> **Work instructions**: Your task is to return the line containing "matches (some expected) (some" and each line after it through the end of the entries, exactly, with no other lines.

[Collected data]
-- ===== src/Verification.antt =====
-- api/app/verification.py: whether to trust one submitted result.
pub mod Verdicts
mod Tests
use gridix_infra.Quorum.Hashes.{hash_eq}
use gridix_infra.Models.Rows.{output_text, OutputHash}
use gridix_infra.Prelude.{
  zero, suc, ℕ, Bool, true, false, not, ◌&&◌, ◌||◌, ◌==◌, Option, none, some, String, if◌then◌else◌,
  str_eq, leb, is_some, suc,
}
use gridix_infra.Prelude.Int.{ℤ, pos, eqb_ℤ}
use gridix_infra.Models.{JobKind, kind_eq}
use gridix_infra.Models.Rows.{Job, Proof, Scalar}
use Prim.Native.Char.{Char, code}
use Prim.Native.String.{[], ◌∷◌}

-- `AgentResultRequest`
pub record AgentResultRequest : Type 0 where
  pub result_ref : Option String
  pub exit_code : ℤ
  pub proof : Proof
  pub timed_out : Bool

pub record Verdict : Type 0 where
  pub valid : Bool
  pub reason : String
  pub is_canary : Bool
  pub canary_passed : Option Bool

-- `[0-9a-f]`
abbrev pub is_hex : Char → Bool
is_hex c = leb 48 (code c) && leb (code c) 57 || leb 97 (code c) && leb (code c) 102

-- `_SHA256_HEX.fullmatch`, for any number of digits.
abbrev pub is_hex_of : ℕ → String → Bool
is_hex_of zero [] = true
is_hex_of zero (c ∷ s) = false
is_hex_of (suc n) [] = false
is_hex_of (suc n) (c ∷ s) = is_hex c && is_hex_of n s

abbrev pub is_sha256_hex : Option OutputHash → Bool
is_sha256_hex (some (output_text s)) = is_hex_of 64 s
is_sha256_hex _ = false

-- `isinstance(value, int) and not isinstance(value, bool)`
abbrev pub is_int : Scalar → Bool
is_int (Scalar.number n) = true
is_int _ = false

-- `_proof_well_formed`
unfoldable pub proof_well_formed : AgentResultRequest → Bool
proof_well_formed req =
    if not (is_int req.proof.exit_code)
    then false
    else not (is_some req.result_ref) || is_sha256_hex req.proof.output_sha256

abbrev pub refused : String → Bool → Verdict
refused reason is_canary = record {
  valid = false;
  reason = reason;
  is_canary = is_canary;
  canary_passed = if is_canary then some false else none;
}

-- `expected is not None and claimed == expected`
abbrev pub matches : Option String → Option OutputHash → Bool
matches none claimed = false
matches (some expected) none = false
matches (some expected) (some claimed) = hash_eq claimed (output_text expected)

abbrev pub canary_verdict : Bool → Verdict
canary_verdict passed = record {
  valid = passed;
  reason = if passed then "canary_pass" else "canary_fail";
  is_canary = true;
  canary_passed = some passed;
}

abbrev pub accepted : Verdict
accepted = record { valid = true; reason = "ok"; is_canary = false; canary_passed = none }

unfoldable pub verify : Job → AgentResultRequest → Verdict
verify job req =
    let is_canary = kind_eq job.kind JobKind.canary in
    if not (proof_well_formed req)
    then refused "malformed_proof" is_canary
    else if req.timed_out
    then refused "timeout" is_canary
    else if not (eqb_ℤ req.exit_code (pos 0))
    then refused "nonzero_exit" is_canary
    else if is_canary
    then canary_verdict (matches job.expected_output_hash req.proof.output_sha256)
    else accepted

> **Answer area**:
matches (some expected) (some claimed) = hash_eq claimed (output_text expected)

abbrev pub canary_verdict : Bool → Verdict
canary_verdict passed = record {
  valid = passed;
  reason = if passed then "canary_pass" else "canary_fail";
  is_canary = true;
  canary_passed = some passed;
}

abbrev pub accepted : Verdict
accepted = record { valid = true; reason = "ok"; is_canary = false; canary_passed = none }

unfoldable pub verify : Job → AgentResultRequest → Verdict
verify job req =
    let is_canary = kind_eq job.kind JobKind.canary in
    if not (proof_well_formed req)
    then refused "malformed_proof" is_canary
    else if req.timed_out
    then refused "timeout" is_canary
    else if not (eqb_ℤ req.exit_code (pos 0))
    then refused "nonzero_exit" is_canary
    else if is_canary
    then canary_verdict (matches job.expected_output_hash req.proof.output_sha256)
    else accepted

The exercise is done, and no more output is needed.